Related Work & Insights¶
- vs SoM / Multi-Res / VCD: All three follow the "one-step focusing" route, either through labeling, multi-resolution cropping, or contrastive decoding. This paper proves they offer near-zero gain in embodied decision-making with distractors due to a lack of global topological understanding.
- vs Brohan et al. (RT/SayCan) High-level Planning: These use VLMs as action sequence planners. SceneDiver does not replace planning but inserts "seeing clearly" before it, acting as a complement.

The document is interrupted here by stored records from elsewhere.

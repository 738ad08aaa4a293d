-- ===== src/Reconciliation/Orders.antt =====
-- Files of purchase orders: `parse_tally_csv` of services/enrichment/app/reconciliation.py.
use challanse_website.Reconciliation.{
  Csv, PurchaseOrderRow, RawRow, Number, thousandths, minus_thousandths, same_order, identities,
  check_rows, row_of, is_incomplete, check_row, then_rows, parse_rows, parse_tally_csv,
  required_fields, quantity_of,
}
use challanse_website.Prelude.{
  ℕ, suc, String, ◌≡◌, refl, ap, subst, inl, inr, false, Option, none, some, List, [], ◌∷◌, arith,
  ◌≤◌, ◌<◌, ◌!=◌, Bool-cases, nat_eq, string_eq, exists_in, All, Result, ok, err, length,
}

-- No row has the order number, the material and the unit of a later one.
abbrev pub Unique : List PurchaseOrderRow → Type 0
Unique [] = Unit
Unique (x ∷ xs) = (exists_in (same_order x) xs ≡ false) × Unique xs

identities-le : (rows : List PurchaseOrderRow) → length (identities rows) ≤ length rows
identities-le [] = omega arith
identities-le (x ∷ xs) = ground (arith, identities-le xs)

identities-Unique :
    (rows : List PurchaseOrderRow) → length (identities rows) ≡ length rows → Unique rows
identities-Unique [] h = tt
identities-Unique (x ∷ xs) h = elim (Bool-cases (exists_in (same_order x) xs)) [
  | inl e ↦
      let h' : length (identities xs) ≡ suc (length xs) = rw e at h in
      absurd (omega (arith, h', identities-le xs))
  | inr e ↦ (e, identities-Unique xs (ground (arith, rw e at h)))
]

ok_inj {ℓ} : {A : Type ℓ} (x y : A) → ok x ≡ ok y → x ≡ y
ok_inj x y h = ground (arith, h)

-- The row has an order number, a material and a unit.
abbrev pub IsComplete : PurchaseOrderRow → Type 0
IsComplete row = is_incomplete row ≡ false

differ-eq : (a b : ℕ) → a != b ≡ false → a ≡ b
differ-eq a b h = ground (arith, h)

check_rows-Unique :
    (parsed : Result (List PurchaseOrderRow)) (rows : List PurchaseOrderRow)
    → check_rows parsed ≡ ok rows
    → (parsed ≡ ok rows) × Unique rows × (0 < length rows)
check_rows-Unique (err e) rows h = ground (arith, h)
check_rows-Unique (ok []) rows h = ground (arith, h)
check_rows-Unique (ok (x ∷ xs)) rows h =
    elim (Bool-cases (length (identities (x ∷ xs)) != length (x ∷ xs))) [
      | inl e ↦ ground (arith, rw e at h)
      | inr e ↦
          let k : ok (x ∷ xs) ≡ ok rows = rw e at h in
          let same : x ∷ xs ≡ rows = ok_inj (x ∷ xs) rows k in
          (
            k,
            subst Unique same (
                identities-Unique (x ∷ xs)
                  (differ-eq (length (identities (x ∷ xs))) (length (x ∷ xs)) e)),
            subst (λ l. 0 < length l) same (omega arith),
          )
    ]

module _ (csv : Csv) where
  check_row-IsComplete :
      (raw : RawRow) (number : Option Number) (row : PurchaseOrderRow)
      → check_row csv raw number ≡ ok row
      → IsComplete row
  check_row-IsComplete raw none row h = ground (arith, h)
  check_row-IsComplete raw (some (minus_thousandths n)) row h = ground (arith, h)
  check_row-IsComplete raw (some (thousandths n)) row h =
      elim (Bool-cases (is_incomplete (row_of csv raw n))) [
        | inl e ↦ ground (arith, rw e at h)
        | inr e ↦
            let k : ok (row_of csv raw n) ≡ ok row = rw e at h in
            subst IsComplete (ok_inj (row_of csv raw n) row k) e
      ]

  -- What the rows that are read satisfy, as long as there are as many as lines.
  abbrev AreRead : List RawRow → List PurchaseOrderRow → Type 0
  AreRead raws rows = All IsComplete rows × (length rows ≡ length raws)

  then_rows-AreRead :
      (raw : RawRow) (raws : List RawRow) (first : Result PurchaseOrderRow)
      (rest : Result (List PurchaseOrderRow)) (rows : List PurchaseOrderRow)
      → ((row : PurchaseOrderRow) → first ≡ ok row → IsComplete row)
      → ((rows : List PurchaseOrderRow) → rest ≡ ok rows → AreRead raws rows)
      → then_rows csv first rest ≡ ok rows
      → AreRead (raw ∷ raws) rows
  then_rows-AreRead raw raws (err e) rest rows f r h = ground (arith, h)
  then_rows-AreRead raw raws (ok row) (err e) rows f r h = ground (arith, h)
  then_rows-AreRead raw raws (ok row) (ok rows') rows f r h =
      let old = r rows' refl in
      subst (AreRead (raw ∷ raws)) (ok_inj (row ∷ rows') rows h) ((f row refl, old.0), ap suc old.1)

  parse_rows-AreRead :
      (raws : List RawRow) (rows : List PurchaseOrderRow)
      → parse_rows csv raws ≡ ok rows
      → AreRead raws rows
  parse_rows-AreRead [] rows h = subst (AreRead []) (ok_inj [] rows h) (tt, refl)
  parse_rows-AreRead (raw ∷ raws) rows h =
      then_rows-AreRead raw raws (check_row csv raw (quantity_of csv raw.quantity))
        (parse_rows csv raws) rows (check_row-IsComplete raw (quantity_of csv raw.quantity))
        (parse_rows-AreRead raws) h

  -- If a file is read without an error, then it has a row, every line of it gave one, every row has an
  -- order number, a material and a unit, and no two rows agree in all three.
  pub parse_tally_csv-AreOrders :
      (content : String) (rows : List PurchaseOrderRow)
      → parse_tally_csv csv content ≡ ok rows
      → (0 < length rows)
        × (length rows ≡ length (csv.raw_rows content))
        × All IsComplete rows
        × Unique rows
  unfolding parse_tally_csv
  parse_tally_csv-AreOrders content rows h =
      elim (Bool-cases (required_fields (csv.fieldnames content))) [
        | inl e ↦
            let (parsed, unique, some_row) =
              check_rows-Unique (parse_rows csv (csv.raw_rows content)) rows (rw e at h) in
            let (complete, count) = parse_rows-AreRead (csv.raw_rows content) rows parsed in
            (some_row, count, complete, unique)
        | inr e ↦ ground (arith, rw e at h)
      ]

- vs Nguyen 2025 / Terra et al. 3D Scene Graph Robotics: These use 3D scene graphs as environment representations for long-term memory and reachability reasoning. SceneDiver uses 2D scene graphs for single-frame focus planning, targeting the perception bottleneck rather than environment modeling.
- Insights: The pipeline of "explicit multi-step reasoning → distillation into a lightweight end-to-end module" can be applied to many "VLM slow thinking / VLA fast reaction" scenarios, such as VLN, autonomous driving perception enhancement, and multi-target grasping for domestic robots.
Rating¶
- Novelty: ⭐⭐⭐⭐ The combination of using a scene graph as a rebuttable prior, soft modulation instead of hard cropping, and Slot Attention distillation into VLA is uncommon in embodied decision-making.
- Experimental Thoroughness: ⭐⭐⭐⭐ Covers manipulation, navigation, and LIBERO-Plus robustness; validates both open and closed-source models with noisy scene graph stress tests.
- Writing Quality: ⭐⭐⭐⭐ Clear storyline and consistent notation; could benefit from more failure case visualizations.
- Value: ⭐⭐⭐⭐ Provides a plug-and-play perception preprocessing tool for the "VLM-as-planner, VLA-as-executor" paradigm, particularly beneficial for small open-source models.